▸ **Work item**:
Your answer must consist of exactly the lines below, starting with the line with "(PoolBox.drop pool_blocks drop_block b m)" and going on through the line with "-- Dropping an", and nothing else.

▸ **Supplied records**:
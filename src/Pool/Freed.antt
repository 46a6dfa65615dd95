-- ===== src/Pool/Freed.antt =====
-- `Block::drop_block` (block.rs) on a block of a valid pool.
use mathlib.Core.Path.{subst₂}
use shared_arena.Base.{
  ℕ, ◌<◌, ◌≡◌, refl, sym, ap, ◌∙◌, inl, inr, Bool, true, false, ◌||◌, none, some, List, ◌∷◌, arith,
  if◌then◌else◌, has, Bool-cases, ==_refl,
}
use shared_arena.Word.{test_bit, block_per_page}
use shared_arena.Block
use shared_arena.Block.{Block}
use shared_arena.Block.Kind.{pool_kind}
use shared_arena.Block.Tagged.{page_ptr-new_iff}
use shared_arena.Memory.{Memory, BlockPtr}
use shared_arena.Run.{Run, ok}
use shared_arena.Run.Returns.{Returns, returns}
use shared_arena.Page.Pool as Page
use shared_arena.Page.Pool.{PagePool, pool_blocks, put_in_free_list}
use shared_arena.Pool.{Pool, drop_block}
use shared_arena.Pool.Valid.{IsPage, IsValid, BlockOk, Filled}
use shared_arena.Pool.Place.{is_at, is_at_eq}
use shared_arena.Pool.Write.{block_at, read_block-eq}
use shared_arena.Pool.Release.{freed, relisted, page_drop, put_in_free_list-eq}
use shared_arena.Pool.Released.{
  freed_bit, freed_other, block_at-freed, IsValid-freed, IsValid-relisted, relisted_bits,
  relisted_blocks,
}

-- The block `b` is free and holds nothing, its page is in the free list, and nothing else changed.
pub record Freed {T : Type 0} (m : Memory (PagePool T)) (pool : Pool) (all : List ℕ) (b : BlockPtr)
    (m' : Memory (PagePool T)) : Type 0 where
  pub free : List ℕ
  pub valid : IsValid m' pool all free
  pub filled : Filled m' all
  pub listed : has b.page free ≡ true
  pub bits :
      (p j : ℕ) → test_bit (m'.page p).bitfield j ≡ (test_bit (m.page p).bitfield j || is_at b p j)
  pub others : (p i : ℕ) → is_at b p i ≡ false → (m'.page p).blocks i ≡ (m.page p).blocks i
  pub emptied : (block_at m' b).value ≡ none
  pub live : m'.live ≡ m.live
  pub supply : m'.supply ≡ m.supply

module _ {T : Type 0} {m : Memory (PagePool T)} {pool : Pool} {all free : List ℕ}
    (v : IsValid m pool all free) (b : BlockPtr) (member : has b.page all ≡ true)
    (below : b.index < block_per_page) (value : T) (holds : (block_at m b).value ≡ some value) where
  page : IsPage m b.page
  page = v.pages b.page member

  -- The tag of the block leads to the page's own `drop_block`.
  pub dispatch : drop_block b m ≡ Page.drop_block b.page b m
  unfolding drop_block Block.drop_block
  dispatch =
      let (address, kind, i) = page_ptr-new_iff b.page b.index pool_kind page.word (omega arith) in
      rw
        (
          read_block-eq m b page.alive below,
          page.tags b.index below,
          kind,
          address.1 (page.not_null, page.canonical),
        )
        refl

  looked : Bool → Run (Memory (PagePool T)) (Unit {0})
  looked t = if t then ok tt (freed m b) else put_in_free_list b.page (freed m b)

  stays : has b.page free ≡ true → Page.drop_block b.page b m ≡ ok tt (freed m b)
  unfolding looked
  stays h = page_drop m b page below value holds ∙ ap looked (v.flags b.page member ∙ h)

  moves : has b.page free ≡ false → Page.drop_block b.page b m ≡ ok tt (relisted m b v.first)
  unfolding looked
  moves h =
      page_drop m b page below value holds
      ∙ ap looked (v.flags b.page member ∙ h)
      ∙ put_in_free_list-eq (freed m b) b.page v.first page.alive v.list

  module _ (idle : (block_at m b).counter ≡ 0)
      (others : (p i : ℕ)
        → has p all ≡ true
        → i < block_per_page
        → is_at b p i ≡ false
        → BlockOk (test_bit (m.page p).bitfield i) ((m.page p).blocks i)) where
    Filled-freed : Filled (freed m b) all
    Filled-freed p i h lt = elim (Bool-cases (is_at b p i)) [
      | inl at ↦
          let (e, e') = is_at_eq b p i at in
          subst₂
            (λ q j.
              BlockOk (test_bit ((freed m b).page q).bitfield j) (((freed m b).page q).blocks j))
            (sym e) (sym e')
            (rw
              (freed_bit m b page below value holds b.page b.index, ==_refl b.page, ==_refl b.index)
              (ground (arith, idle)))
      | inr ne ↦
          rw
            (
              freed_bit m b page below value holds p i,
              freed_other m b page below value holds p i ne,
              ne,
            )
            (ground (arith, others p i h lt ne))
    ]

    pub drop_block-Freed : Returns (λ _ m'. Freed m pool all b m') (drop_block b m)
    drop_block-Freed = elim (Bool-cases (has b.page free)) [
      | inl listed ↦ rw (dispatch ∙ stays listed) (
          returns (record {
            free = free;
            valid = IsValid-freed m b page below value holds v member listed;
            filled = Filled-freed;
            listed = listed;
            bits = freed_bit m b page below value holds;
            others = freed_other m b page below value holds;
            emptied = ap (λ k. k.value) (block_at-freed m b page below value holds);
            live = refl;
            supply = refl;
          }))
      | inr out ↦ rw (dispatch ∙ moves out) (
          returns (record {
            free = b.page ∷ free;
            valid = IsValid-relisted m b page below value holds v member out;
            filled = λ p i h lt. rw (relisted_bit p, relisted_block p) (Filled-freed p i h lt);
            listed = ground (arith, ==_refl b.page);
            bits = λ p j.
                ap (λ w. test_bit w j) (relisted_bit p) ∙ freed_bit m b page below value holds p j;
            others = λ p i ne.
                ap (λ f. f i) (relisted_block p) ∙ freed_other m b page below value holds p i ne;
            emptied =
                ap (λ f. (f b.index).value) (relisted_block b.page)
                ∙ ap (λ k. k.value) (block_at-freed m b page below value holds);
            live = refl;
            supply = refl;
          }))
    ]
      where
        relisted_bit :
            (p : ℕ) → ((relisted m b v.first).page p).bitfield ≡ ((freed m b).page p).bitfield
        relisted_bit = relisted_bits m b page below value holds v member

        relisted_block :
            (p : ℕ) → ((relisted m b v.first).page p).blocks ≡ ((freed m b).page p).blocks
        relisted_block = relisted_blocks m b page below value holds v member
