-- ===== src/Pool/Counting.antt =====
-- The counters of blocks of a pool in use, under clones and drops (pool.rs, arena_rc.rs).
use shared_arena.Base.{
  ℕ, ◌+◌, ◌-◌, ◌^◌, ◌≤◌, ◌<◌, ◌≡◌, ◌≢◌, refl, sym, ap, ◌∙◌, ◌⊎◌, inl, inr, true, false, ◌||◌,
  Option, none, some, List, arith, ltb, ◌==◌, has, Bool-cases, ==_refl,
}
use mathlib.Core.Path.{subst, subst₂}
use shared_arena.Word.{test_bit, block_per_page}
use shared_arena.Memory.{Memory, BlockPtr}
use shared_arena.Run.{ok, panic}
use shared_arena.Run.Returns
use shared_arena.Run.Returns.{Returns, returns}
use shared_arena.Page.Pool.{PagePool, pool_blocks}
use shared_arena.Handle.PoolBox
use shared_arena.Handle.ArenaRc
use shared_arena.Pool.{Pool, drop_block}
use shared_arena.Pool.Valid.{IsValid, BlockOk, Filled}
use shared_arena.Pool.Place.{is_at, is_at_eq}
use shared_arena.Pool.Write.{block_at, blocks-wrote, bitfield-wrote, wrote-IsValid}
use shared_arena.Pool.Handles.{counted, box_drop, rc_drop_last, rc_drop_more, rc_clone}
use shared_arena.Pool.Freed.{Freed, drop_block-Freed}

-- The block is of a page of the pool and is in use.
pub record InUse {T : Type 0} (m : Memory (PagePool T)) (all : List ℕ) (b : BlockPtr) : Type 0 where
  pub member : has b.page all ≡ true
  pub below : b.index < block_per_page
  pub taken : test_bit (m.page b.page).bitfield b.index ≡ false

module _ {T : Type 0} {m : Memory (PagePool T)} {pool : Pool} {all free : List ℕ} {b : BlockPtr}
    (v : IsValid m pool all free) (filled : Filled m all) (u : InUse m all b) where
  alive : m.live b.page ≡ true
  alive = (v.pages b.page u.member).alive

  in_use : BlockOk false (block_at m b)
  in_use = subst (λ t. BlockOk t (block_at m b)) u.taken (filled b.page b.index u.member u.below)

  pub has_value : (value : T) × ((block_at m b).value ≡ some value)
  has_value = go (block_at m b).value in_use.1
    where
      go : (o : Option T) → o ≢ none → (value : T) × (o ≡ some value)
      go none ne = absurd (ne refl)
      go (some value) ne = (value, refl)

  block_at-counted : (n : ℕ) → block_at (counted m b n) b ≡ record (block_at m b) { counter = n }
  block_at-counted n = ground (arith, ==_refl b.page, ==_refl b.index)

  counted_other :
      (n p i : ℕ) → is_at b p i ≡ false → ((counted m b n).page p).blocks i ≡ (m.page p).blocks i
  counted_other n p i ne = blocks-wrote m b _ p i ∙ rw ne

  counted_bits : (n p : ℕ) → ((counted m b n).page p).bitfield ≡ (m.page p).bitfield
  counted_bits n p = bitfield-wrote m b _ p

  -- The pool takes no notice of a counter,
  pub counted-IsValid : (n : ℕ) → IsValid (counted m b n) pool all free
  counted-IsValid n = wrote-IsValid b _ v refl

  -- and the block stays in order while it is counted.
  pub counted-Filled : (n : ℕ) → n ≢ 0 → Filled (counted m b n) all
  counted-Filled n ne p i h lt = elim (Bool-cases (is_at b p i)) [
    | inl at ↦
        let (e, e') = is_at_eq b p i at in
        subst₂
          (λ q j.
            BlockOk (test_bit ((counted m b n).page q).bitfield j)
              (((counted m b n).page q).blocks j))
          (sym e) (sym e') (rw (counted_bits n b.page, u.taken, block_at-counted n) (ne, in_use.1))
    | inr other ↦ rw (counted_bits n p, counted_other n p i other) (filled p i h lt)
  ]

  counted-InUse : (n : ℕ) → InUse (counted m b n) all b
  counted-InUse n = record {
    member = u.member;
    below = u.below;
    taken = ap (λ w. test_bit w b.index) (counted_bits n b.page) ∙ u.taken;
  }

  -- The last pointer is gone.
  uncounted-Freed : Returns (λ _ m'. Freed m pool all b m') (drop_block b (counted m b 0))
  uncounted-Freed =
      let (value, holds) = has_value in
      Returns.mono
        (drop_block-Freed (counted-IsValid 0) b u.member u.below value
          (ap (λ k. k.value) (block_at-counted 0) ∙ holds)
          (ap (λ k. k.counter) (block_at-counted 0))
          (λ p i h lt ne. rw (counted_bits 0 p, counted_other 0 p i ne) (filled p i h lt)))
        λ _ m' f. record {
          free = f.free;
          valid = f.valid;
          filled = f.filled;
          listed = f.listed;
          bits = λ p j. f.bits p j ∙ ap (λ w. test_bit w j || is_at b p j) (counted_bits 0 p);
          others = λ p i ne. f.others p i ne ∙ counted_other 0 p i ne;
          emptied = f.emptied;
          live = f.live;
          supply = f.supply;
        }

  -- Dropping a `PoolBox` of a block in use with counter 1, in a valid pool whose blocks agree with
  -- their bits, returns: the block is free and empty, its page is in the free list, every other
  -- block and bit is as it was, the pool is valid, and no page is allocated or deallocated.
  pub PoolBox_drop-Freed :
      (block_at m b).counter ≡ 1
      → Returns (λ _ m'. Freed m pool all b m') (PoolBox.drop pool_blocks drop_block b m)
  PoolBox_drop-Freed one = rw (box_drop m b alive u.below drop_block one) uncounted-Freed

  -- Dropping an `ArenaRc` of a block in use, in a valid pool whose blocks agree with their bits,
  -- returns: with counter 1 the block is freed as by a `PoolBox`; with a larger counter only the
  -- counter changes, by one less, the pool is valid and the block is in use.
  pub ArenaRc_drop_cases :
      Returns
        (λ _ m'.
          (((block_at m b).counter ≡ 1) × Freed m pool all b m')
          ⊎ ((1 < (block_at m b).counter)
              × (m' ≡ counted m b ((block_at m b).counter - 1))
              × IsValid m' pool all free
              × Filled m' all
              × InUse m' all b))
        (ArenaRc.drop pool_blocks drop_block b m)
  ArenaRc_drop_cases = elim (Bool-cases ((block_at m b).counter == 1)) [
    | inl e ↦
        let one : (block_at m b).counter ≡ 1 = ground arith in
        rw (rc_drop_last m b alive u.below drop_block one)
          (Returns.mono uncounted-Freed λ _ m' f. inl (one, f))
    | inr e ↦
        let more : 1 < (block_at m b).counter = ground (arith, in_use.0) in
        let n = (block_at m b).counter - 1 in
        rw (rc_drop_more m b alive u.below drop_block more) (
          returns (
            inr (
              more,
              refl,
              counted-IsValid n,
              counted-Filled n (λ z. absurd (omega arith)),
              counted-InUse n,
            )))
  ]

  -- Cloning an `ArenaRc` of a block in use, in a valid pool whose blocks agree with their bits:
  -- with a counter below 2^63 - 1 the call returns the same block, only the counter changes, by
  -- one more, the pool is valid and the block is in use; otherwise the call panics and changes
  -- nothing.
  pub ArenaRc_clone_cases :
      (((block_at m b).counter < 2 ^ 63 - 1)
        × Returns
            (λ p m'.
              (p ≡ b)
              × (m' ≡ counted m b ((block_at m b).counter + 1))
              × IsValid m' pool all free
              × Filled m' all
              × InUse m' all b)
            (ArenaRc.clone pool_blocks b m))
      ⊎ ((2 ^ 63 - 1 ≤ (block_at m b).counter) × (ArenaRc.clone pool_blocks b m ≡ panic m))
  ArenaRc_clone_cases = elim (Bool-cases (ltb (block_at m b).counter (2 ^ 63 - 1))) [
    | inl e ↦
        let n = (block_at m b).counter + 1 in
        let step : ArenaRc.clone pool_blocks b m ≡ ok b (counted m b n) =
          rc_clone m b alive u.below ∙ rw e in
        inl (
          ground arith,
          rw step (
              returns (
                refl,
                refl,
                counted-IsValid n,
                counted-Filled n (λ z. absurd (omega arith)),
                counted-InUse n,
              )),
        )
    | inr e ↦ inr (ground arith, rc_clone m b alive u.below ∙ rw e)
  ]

▸ **Response area**:
      → Returns (λ _ m'. Freed m pool all b m') (PoolBox.drop pool_blocks drop_block b m)
  PoolBox_drop-Freed one = rw (box_drop m b alive u.below drop_block one) uncounted-Freed

  -- Dropping an `ArenaRc` of a block in use, in a valid pool whose blocks agree with their bits,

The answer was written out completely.